Дверь приоткрылась, в проёме показалась чья-то рука. Сначала она поставила у порога сапоги, старенькие, резиновые, затем накрыла их какой-то, не имеющей ни цвета, ни фасона, одежкой и пару изрядно потрёпанных брезентовых рукавиц положила сверху. Потом человек-невидимка глухо сказал из тамбура голосом коменданта:
— Мимо в наряд пойдешь, зайди, распишись за причиндалы. Подобрал вот кое-чего…
— А-а-а, — лениво протянула с кровати Раиса, — старый хрен пожаловал. Свадебный наряд для невесты… С доставкой на дом. Небось, опять обноски.
Но Бобров уже громыхал сапогами по ступенькам.
— А ты, ей-богу, молоток! — Раиса села в кровати, снова обвела взглядом выставленное на столе. — Правда, переполошила ночью до смерти. Ей-богу, давно так не пугалась… А с чаем ты как в воду глядела… Дай бог твоей матери зятя получше! Чайку я сейчас с превеликим…
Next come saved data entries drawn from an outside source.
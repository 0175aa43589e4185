-- ===== src/Schema/Audit.antt =====
-- Audit events: packages/audit-events/src/event.ts.
use remote_agent_devbox.Common.{ℕ, String, Bool, Option, List}
use remote_agent_devbox.Schema.Workspace.{Uuid, Date}

pub data AuditSeverity : Type 0 where
  info warning high critical : AuditSeverity

-- A detail is a text, a whole number, a truth value or null.
pub data AuditDetail : Type 0 where
  text : String → AuditDetail
  number : ℕ → AuditDetail
  bool : Bool → AuditDetail
  null : AuditDetail

pub record NewAuditEvent : Type 0 where
  pub id : Uuid
  pub event_type : String
  pub severity : AuditSeverity
  pub actor_id : Option Uuid
  pub subject_type : String
  pub subject_id : Option String
  pub security_epoch : ℕ
  pub deployment_tier : ℕ
  pub details : List (String × AuditDetail)
  pub occurred_at : Date

-- The database numbers the events in the order in which they are appended.
pub record AuditEvent : Type 0 where
  pub sequence : ℕ
  pub event : NewAuditEvent
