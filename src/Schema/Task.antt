-- ===== src/Schema/Task.antt =====
-- Agent tasks: packages/agents/src/task.ts.
use remote_agent_devbox.Common.{String, Option, Eq}
use remote_agent_devbox.Schema.Workspace.{Uuid, Date}

pub data TaskStatus : Type 0 where
  pending running completed failed : TaskStatus

unfoldable pub TaskStatus-discrete : Discrete TaskStatus
TaskStatus-discrete = hlevel

instance unfoldable pub task_status_eq : Eq TaskStatus
unfolding TaskStatus-discrete
task_status_eq = record { dec = TaskStatus-discrete }

pub record AgentTask : Type 0 where
  pub id : Uuid
  pub workspace_id : Uuid
  pub requested_by : String
  pub prompt : String
  pub status : TaskStatus
  pub result : Option String
  pub error : Option String
  pub created_at : Date
  pub started_at : Option Date
  pub completed_at : Option Date
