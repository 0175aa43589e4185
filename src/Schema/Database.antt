-- ===== src/Schema/Database.antt =====
-- The tables. A row that is inserted stands in front: the audit events are numbered and
-- listed by that order.
use remote_agent_devbox.Common.{Option, List}
use remote_agent_devbox.Schema.Workspace.{Repository, Workspace}
use remote_agent_devbox.Schema.Security.{InstanceSecurityMetadata}
use remote_agent_devbox.Schema.Outbox.{OutboxCommand}
use remote_agent_devbox.Schema.Artifact.{GitArtifact, ReviewSnapshot}
use remote_agent_devbox.Schema.Approval.{ApprovalRequest}
use remote_agent_devbox.Schema.Git.{GitOperation, CredentialLease}
use remote_agent_devbox.Schema.Ide.{IdeAccessCode, IdeAccessSession}
use remote_agent_devbox.Schema.Audit.{AuditEvent}
use remote_agent_devbox.Schema.Task.{AgentTask}

-- The primary key of `instance_metadata` has one value, so the table holds at most one row.
pub record Database : Type 0 where
  pub metadata : Option InstanceSecurityMetadata
  pub repositories : List Repository
  pub workspaces : List Workspace
  pub outbox_commands : List OutboxCommand
  pub git_artifacts : List GitArtifact
  pub review_snapshots : List ReviewSnapshot
  pub approval_requests : List ApprovalRequest
  pub git_operations : List GitOperation
  pub credential_leases : List CredentialLease
  pub ide_access_codes : List IdeAccessCode
  pub ide_access_sessions : List IdeAccessSession
  pub agent_tasks : List AgentTask
  pub audit_events : List AuditEvent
Потом они пили чай с сушками, и Раиса потеплевшими глазами разглядывала Варю, приговаривала, в раздумчивости кивая головой:
— Не в землекопы бы тебя, не в разнорабочие — в сестры милосердия. И не эту бы дурацкую шкуру, — она показала глазами на принесенный комендантом ватник, — а в белый бы халат… И ходила бы ты по чистому полу, между кроватями и разные душеспасительные слова больным говорила. Другие ведь, знаешь, жизнь проживут, доброго слова не услышат. А ты бы им и за здравие и за упокой…
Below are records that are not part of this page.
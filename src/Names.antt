-- ===== src/Names.antt =====
-- The texts that the schemas accept: `gitRefNameSchema` of packages/shared/src/workspace.ts, the
-- digest schema of packages/git-artifacts/src/artifact.ts, and `objectIdPattern` of
-- packages/git-operations/src/repository.ts.
use Prim.Native.Char.{code}
use mathlib.Core.List.{reverse}
use Prim.Native.Nat.{zero, suc, ◌/◌, ◌%◌}
use remote_agent_devbox.Common.{
  ℕ, String, ◌<>◌, Bool, true, false, not, ◌&&◌, ◌||◌, List, [], ◌∷◌, length, ltb, leb, ◌==◌,
  nat_eq, if◌then◌else◌,
}

-- The code points of a text.
abbrev pub codes : String → List ℕ
codes String.[] = []
codes (String.◌∷◌ c s) = code c ∷ codes s

unfoldable pub every : (ℕ → Bool) → List ℕ → Bool
every p [] = true
every p (c ∷ s) = p c && every p s

-- [0-9a-f]
abbrev pub is_hex : ℕ → Bool
is_hex c = (leb b'0' c && leb c b'9') || (leb b'a' c && leb c b'f')

-- [A-Za-z0-9]
abbrev pub is_alphanumeric : ℕ → Bool
is_alphanumeric c =
    (leb b'a' c && leb c b'z') || (leb b'A' c && leb c b'Z') || (leb b'0' c && leb c b'9')

-- /^[0-9a-f]{40}(?:[0-9a-f]{24})?$/
unfoldable pub is_object_id : String → Bool
unfolding every
is_object_id s = let cs = codes s in every is_hex cs && (length cs == 40 || length cs == 64)

unfoldable pub after_prefix : List ℕ → List ℕ → List ℕ
after_prefix [] cs = cs
after_prefix (p ∷ ps) [] = []
after_prefix (p ∷ ps) (c ∷ cs) = let rest = after_prefix ps cs in if p == c then rest else []

-- /^sha256:[0-9a-f]{64}$/
unfoldable pub is_sha256_digest : String → Bool
unfolding every after_prefix
is_sha256_digest s =
    let digits = after_prefix (codes "sha256:") (codes s) in
    every is_hex digits && length digits == 64

-- /[A-Za-z0-9._/-]/
abbrev is_ref_character : ℕ → Bool
is_ref_character c = is_alphanumeric c || c == b'.' || c == b'_' || c == b'/' || c == b'-'

-- !value.includes("..") && !value.includes("//")
no_doubled : List ℕ → Bool
no_doubled [] = true
no_doubled (c ∷ []) = true
no_doubled (c ∷ d ∷ s) = not (c == d && (c == b'.' || c == b'/')) && no_doubled (d ∷ s)

unfoldable pub starts_with : List ℕ → List ℕ → Bool
starts_with [] cs = true
starts_with (p ∷ ps) [] = false
starts_with (p ∷ ps) (c ∷ cs) = p == c && starts_with ps cs

-- text.endsWith(suffix)
unfoldable pub ends_with : String → List ℕ → Bool
unfolding starts_with
ends_with suffix cs = starts_with (reverse (codes suffix)) (reverse cs)

-- /^[A-Za-z0-9]/
starts_alphanumeric : List ℕ → Bool
starts_alphanumeric [] = false
starts_alphanumeric (c ∷ s) = is_alphanumeric c

-- gitRefNameSchema
unfoldable pub is_git_ref_name : String → Bool
unfolding every no_doubled ends_with starts_alphanumeric
is_git_ref_name s =
    let cs = codes s in
    leb 1 (length cs)
    && leb (length cs) 255
    && starts_alphanumeric cs
    && every is_ref_character cs
    && no_doubled cs
    && not (ends_with "/" cs)
    && not (ends_with "." cs)
    && not (ends_with ".lock" cs)

digit : ℕ → String
digit n =
    if n == 0
    then "0"
    else if n == 1
    then "1"
    else if n == 2
    then "2"
    else if n == 3
    then "3"
    else if n == 4
    then "4"
    else if n == 5
    then "5"
    else if n == 6
    then "6"
    else if n == 7
    then "7"
    else if n == 8
    then "8"
    else "9"

-- The decimal digits of a number below 10 to the number of rounds, in front of a text.
decimal_before : ℕ → ℕ → String → String
decimal_before zero n rest = rest
decimal_before (suc rounds) n rest =
    let longer = decimal_before rounds (n / 10) (digit (n % 10) <> rest) in
    if ltb n 10 then digit n <> rest else longer

-- `${n}`
unfoldable pub decimal : ℕ → String
unfolding digit decimal_before
decimal n = decimal_before (suc n) n ""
Варя не очень понимала, смеётся Раиса над ней или говорит без насмешки. Но как бы там ни было, в эти минуты Раиса ничем не напоминала ей ту, вчерашнюю недобрую женщину, так враждебно встретившую её. Будто другой человек сидел. По-домашнему уютно устроившись на постели, она пила из стакана, блаженно поохивая и закрывая глаза, похваливала крепкий чай и всё говорила, говорила какие-то обычные, не злые слова, и Варе хотелось, чтобы эти слова, и спокойный взгляд Раисы, и она сама, теперь красивая, понятная, чтобы все это было настоящим, чтобы она всегда была такой. Такой, а не как вчера! И Варе захотелось откликнуться на этот разговор, сказать Раисе, что и она так считает: врач должен быть добрым, чутким, любить людей, и Люся, медицинская сестра, с которой она жила в институтском общежитии, тоже так считает. Конечно, и Варя это знает и как раз и хочет стать врачом…
Но, может, не стоит говорить? Получится, будто хвастается, а хвастаться-то и нечем. Все это пока из области мечтаний. И вообще в одном откроешься, придется и другое открывать — как она попала сюда. Почему сбежала с экзаменов? Почему невольно обманула колхоз? А расскажи попробуй! Нет, уж лучше помолчать.
Она и молчала. Покусывала сахар, прихлебывала маленькими глоточками чай — она всегда пила чай вприкуску, как мать, и слушала Раису.
— Я вот девчонкой, — продолжала та, — в твоих годах, ну, помоложе, тоже, помню, всех на свете любила. Ребеночка сопливого увижу на улице в слезах, отдам конфетку, сопли подотру, а собаку хро-мую встречу — домой тащу… Или вот старуха на углу… Знаешь, после войны сколько таких старух, нищенок ходило. Увижу, стоит с протянутой рукой, сердце кровью зальется, как будто не чужого человека увидела, а мать родную. Знаю, своя-то дома сидит, а мне все мерещится, что эта чужая, побирушка— моя мать и есть. И так мне всех жалко было, думала: если я к людям с добром, так и они ко мне с тем… Накось, выкуси! — Раиса сложила из пальцев фигу и показала кому-то. И снова вчерашняя злость метнулась в глазах. — Ну хватит, побалагурили — собираться пора. Вон девки зашевелились.